El 15 de diciembre de 2010 falleció en Madrid el artista mexicano Alfredo Castañeda. Su muerte deja un espacio onírico que será imposible que alguien ocupe en la plástica universal; su incomparable visión tan mística como misteriosa y personal inventaba realidades que previamente habitaban el inconsciente colectivo, aunque sólo nos percatábamos de ello cuando su pintura, finalmente, nos las revelaba.
Su creación es un acto de magia permanente: sea en esos barcos que cruzaban mares azules o en la prestidigitación del hombre que señala su corazón junto a una botella, o bien en esas siluetas que tienen la precisión del trazo fotográfico y que pronto se desvanecen mostrando el capricho de un color que se descompone en trozos como fragmentos pequeños y planos que parece llevarse el viento, la pintura de Castañeda es una invitación permanente al asombro y a la reflexión acerca de las aporías del tiempo y de lo insustancial de la materia.
“La vida es fuerza, forma y color” le escribí en un poema que acaso leyó con indulgencia hace poco más de treinta años, cuando apenas yo comenzaba a descubrir la profundidad de cada uno de sus atisbos espirituales en una exposición en el Colegio de México y en la Galería de Arte Mexicano.
Perteneciente a una familia de un linaje espiritual único en la que abundan artistas y hombres y mujeres de fe, Alfredo Castañeda se formó profesionalmente como arquitecto, pero su talento pronto lo condujo a abrazar la carrera artística como uno de los pintores más exquisitos y enigmáticos por sus creaciones siempre tan inusitadas. Pero eso se debía, de manera absoluta, a su pasión como lector avezado e insaciable y a su inconmensurable sensibilidad para las demás artes, con un acento especial en la música y la arquitectura propiamente.

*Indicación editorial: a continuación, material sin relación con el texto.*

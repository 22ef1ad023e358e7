-- ===== src/E1000/Poll/Ring.antt =====
-- The receive ring under `poll`: which calls return, and what a call leaves of the ring.
use qore_os.Base.{
  ℕ, ◌+◌, ◌%◌, ◌<◌, ◌≡◌, refl, List, ◌∷◌, Bool, true, false, ◌&&◌, ◌||◌, not, inl, inr, arith,
  length, ltb, ◌++◌, ◌==◌, if◌then◌else◌, Bool-cases,
}
use qore_os.Ram.{store}
use qore_os.Text.{codes, decimal, hex4}
use qore_os.Machine.{Hardware}
use qore_os.E1000.{Kernel, transmit, terminal_print, write_register, my_ip}
use qore_os.E1000.Arp.{insert, ip_eq}
use qore_os.E1000.Poll.{
  Outcome, panic, done, rx_descriptor, has_packet, received, answer_arp, arp_reply, handle_arp,
  dispatch, release, map_outcome, poll,
}
use qore_os.Net.{
  be16, ip_at, handle_incoming_packet, send_tcp_syn_ack, send_http_response, inject_frame,
}
use qore_os.Net.Handle.{is_for_server, has_syn, has_psh, has_get, syn_reply, get_reply, handle_lem}
use qore_os.Net.Craft.{mac_at}

-- The packet has every byte that `poll` reads of it: an Ethernet header, and of an ARP packet
-- the fixed part, and the addresses too if it is one for Ethernet and IPv4.
abbrev pub is_readable : List ℕ → Bool
is_readable p =
    not (ltb (length p) 14)
    && (not (be16 p 12 == 0x0806)
        || (not (ltb (length p) 22)
            && (not (be16 p 14 == 1 && be16 p 16 == 0x0800) || not (ltb (length p) 42))))

-- The card's registers, its receive ring and the hardware address, which replies do not change.
pub record SameRx (k k' : Kernel) : Type 0 where
  pub bar0 : k'.nic.bar0_address ≡ k.nic.bar0_address
  pub ring : k'.nic.rx_ring_ptr ≡ k.nic.rx_ring_ptr
  pub bucket : k'.nic.current_rx_bucket ≡ k.nic.current_rx_bucket

transmit-SameRx :
    (hw : Hardware) (frame : List ℕ) (len : ℕ) (k : Kernel) → SameRx k (transmit hw frame len k)
unfolding transmit
transmit-SameRx hw frame len k = record { bar0 = refl; ring = refl; bucket = refl }

syn_reply-SameRx : (hw : Hardware) (p : List ℕ) (k : Kernel) → SameRx k (syn_reply hw p k)
unfolding syn_reply send_tcp_syn_ack inject_frame transmit
syn_reply-SameRx hw p k = record { bar0 = refl; ring = refl; bucket = refl }

get_reply-SameRx : (hw : Hardware) (p : List ℕ) (k : Kernel) → SameRx k (get_reply hw p k)
unfolding get_reply send_http_response inject_frame transmit
get_reply-SameRx hw p k = record { bar0 = refl; ring = refl; bucket = refl }

if-SameRx : {k x y : Kernel} (b : Bool) → SameRx k x → SameRx k y → SameRx k (if b then x else y)
if-SameRx true hx hy = hx
if-SameRx false hx hy = hy

answer_arp-SameRx : (hw : Hardware) (p : List ℕ) (k : Kernel) → SameRx k (answer_arp hw p k)
unfolding answer_arp arp_reply transmit
answer_arp-SameRx hw p k =
    if-SameRx (ip_eq (ip_at p 38) my_ip) (record { bar0 = refl; ring = refl; bucket = refl })
      (record { bar0 = refl; ring = refl; bucket = refl })

pub handle-SameRx :
    (hw : Hardware) (p : List ℕ) (k : Kernel) → SameRx k (handle_incoming_packet hw p k)
handle-SameRx hw p k =
    let same : SameRx k k = record { bar0 = refl; ring = refl; bucket = refl } in
    let get = if-SameRx (has_get p) (get_reply-SameRx hw p k) same in
    rw (handle_lem hw p k) (
      if-SameRx (is_for_server p)
        (if-SameRx (has_syn p) (syn_reply-SameRx hw p k) (if-SameRx (has_psh p) get same)) same)

-- The tests of `dispatch`, with what it returns.
dispatch_cases :
    {k : Kernel} (short arp brief eth cut ipv4 : Bool) (answered ignored handled other : Kernel)
    → SameRx k answered
    → SameRx k ignored
    → SameRx k handled
    → SameRx k other
    → (not short && (not arp || (not brief && (not eth || not cut)))) ≡ true
    → (k' : Kernel) × (((if short
            then panic
            else if arp
            then (if brief
                then panic
                else if eth
                then (if cut then panic else done answered)
                else done ignored)
            else if ipv4
            then done handled
            else done other)
          ≡ done k')
        × SameRx k k')
dispatch_cases true arp brief eth cut ipv4 a i h o ha hi hh ho e = cc
dispatch_cases false true true eth cut ipv4 a i h o ha hi hh ho e = cc
dispatch_cases false true false true true ipv4 a i h o ha hi hh ho e = cc
dispatch_cases false true false true false ipv4 a i h o ha hi hh ho e = (a, (refl, ha))
dispatch_cases false true false false cut ipv4 a i h o ha hi hh ho e = (i, (refl, hi))
dispatch_cases false false brief eth cut true a i h o ha hi hh ho e = (h, (refl, hh))
dispatch_cases false false brief eth cut false a i h o ha hi hh ho e = (o, (refl, ho))

unfoldable pub tap_log : List ℕ → List ℕ
tap_log p =
    codes "> NET [RAW]: HARDWARE TRIGGERED! LEN: "
    ++ (decimal (length p) ++ (codes " ETHERTYPE: 0x" ++ (hex4 (be16 p 12) ++ codes "\n")))

-- `dispatch` returns for a readable packet, with the receive ring as it was.
dispatch-done :
    (hw : Hardware) (p : List ℕ) (k : Kernel)
    → is_readable p ≡ true
    → (k' : Kernel) × ((dispatch hw p k ≡ done k') × SameRx k k')
unfolding dispatch handle_arp tap_log
dispatch-done hw p k h =
    let k1 = terminal_print (tap_log p) 0x8B5CF6 k in
    let k2 = record k1 { arp = insert k1.arp (ip_at p 28) (mac_at p 22) } in
    let same : SameRx k k1 = record { bar0 = refl; ring = refl; bucket = refl } in
    let answer = answer_arp-SameRx hw p k2 in
    let handled = handle-SameRx hw p k1 in
    dispatch_cases (ltb (length p) 14) (be16 p 12 == 0x0806) (ltb (length p) 22)
      (be16 p 14 == 1 && be16 p 16 == 0x0800) (ltb (length p) 42) (be16 p 12 == 0x0800)
      (if be16 p 20 == 1 then answer_arp hw p k2 else k2) k1 (handle_incoming_packet hw p k1) k1
      (if-SameRx (be16 p 20 == 1)
        (record { bar0 = answer.bar0; ring = answer.ring; bucket = answer.bucket })
        (record { bar0 = refl; ring = refl; bucket = refl }))
      same (record { bar0 = handled.bar0; ring = handled.ring; bucket = handled.bucket }) same h

dispatch-panic :
    (hw : Hardware) (p : List ℕ) (k : Kernel) → is_readable p ≡ false → dispatch hw p k ≡ panic
unfolding dispatch handle_arp
dispatch-panic hw p k h = ground arith

-- What a call of `poll` leaves of the receive ring: the descriptor that it read has status 0, so that
-- the card may use it again, the tail register was last written with its index, and the next index
-- lies in the ring.
pub record Released (k k' : Kernel) : Type 0 where
  pub status : k'.machine.ram (rx_descriptor k + 12) ≡ 0
  pub tail :
      (earlier : List (ℕ × ℕ)) × k'.machine.writes
        ≡ (k.nic.bar0_address + 0x2818, k.nic.current_rx_bucket) ∷ earlier
  pub next : k'.nic.current_rx_bucket ≡ (k.nic.current_rx_bucket + 1) % 32
  pub in_ring : k'.nic.current_rx_bucket < 32
  pub ring : k'.nic.rx_ring_ptr ≡ k.nic.rx_ring_ptr

release-Released : (k k' : Kernel) → SameRx k k' → Released k (release (rx_descriptor k) k')
unfolding release write_register store
release-Released k k' same = record {
  status = ground arith;
  tail = (k'.machine.writes, rw (same.bar0, same.bucket) refl);
  next = rw (same.bucket) refl;
  in_ring = omega arith;
  ring = same.ring;
}

-- How a call of `poll` ends.
pub data PollStep (k : Kernel) : Outcome (Bool × Kernel) → Type 0 where
  idle : has_packet k ≡ false → PollStep k (done (false, k))
  cut_off : has_packet k ≡ true → is_readable (received k) ≡ false → PollStep k panic
  taken :
      (k' : Kernel)
      → has_packet k ≡ true
      → is_readable (received k) ≡ true
      → Released k k'
      → PollStep k (done (true, k'))

pub poll_waiting :
    (hw : Hardware) (k : Kernel) (o : Outcome Kernel)
    → has_packet k ≡ true
    → dispatch hw (received k) k ≡ o
    → poll hw k ≡ map_outcome (λ k'. (true, release (rx_descriptor k) k')) o
unfolding poll
poll_waiting hw k o waits e = rw (waits, e) refl

-- Where no packet waits, `poll` returns false and changes nothing; where one waits that has the
-- bytes which `poll` reads, it returns true and gives the descriptor back; it panics exactly where
-- one waits that lacks them.
pub poll-PollStep : (hw : Hardware) (k : Kernel) → PollStep k (poll hw k)
unfolding map_outcome
poll-PollStep hw k = elim (Bool-cases (has_packet k)) [
  | inr none_waits ↦
      let e : poll hw k ≡ done (false, k) = unfold poll in rw none_waits refl in
      rw e (idle none_waits)
  | inl waits ↦ elim (Bool-cases (is_readable (received k))) [
    | inr cut ↦
        rw (poll_waiting hw k panic waits (dispatch-panic hw (received k) k cut))
          (cut_off waits cut)
    | inl whole ↦
        let r = dispatch-done hw (received k) k whole in
        rw (poll_waiting hw k (done r.0) waits r.1.0)
          (taken (release (rx_descriptor k) r.0) waits whole (release-Released k r.0 r.1.1))
  ]
]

Hay en muchos de sus lienzos, reminiscencias de las sobrias texturas de Magritte y de la luminosidad de Dalí, de los trazos sorpresivos de Escher y de la introspección de Velázquez, pero todo vertebrado por su increíble sentido lúdico y su percepción tan extraordinaria de la psicología obsesiva del hombre que se ha colmado de sí y que se ha vaciado de Dios. Podría decir que toda su producción gravita en torno a la soledad del hombre actual circunscrito en la pequeñez de su razón. En alguna exposición nos invitaba a descubrir el simbolismo del corazón, y en otra muy célebre inventaba libros no escritos. A mí, en lo personal, me gustaba la creatividad de su genio en una serie de dibujos embotellados que maravillan a cualquiera por la perfección con la que los dobleces de un papel hecho bola se adaptan a sus trazos en tinta de rostros enigmáticos, y cuyas miradas nos cuestionan desde su encierro en frascos de cristal.
¿Es él quien aparece multiplicado en muchas de sus obras y que nos ve con una fijeza que, en ocasiones, nos intimida y nos hace sentirnos culpables? ¿Es él quien nos revela el desamparo metafísico y la búsqueda de heroísmos abstractos? Creo que en todos los casos, efectivamente, es él el artista que a través de sus propias obsesiones vueltas sueños nos inventa realidades terribles e insondables a la vez, el exponente único del idealismo concreto, de los sentidos mágicos y de los colores místicos de los sueños profundos. No dudo que si algunos poemas de Rilke cobraran las dimensiones de un lienzo, tendrías los contrastes, la luminosidad y los matices de muchas de las pinturas de Castañeda.
Al enterarme de la noticia de su muerte, no pude evitar pensarlo como una de sus imágenes, desvaneciéndose sutilmente, transfigurándose en una textura evanescente que surcaba un mar celeste que lo conducirá a otra realidad que siempre intuyó o cuya certeza siempre lo guió secretamente, para encontrarse con la única y definitiva respuesta a su vida.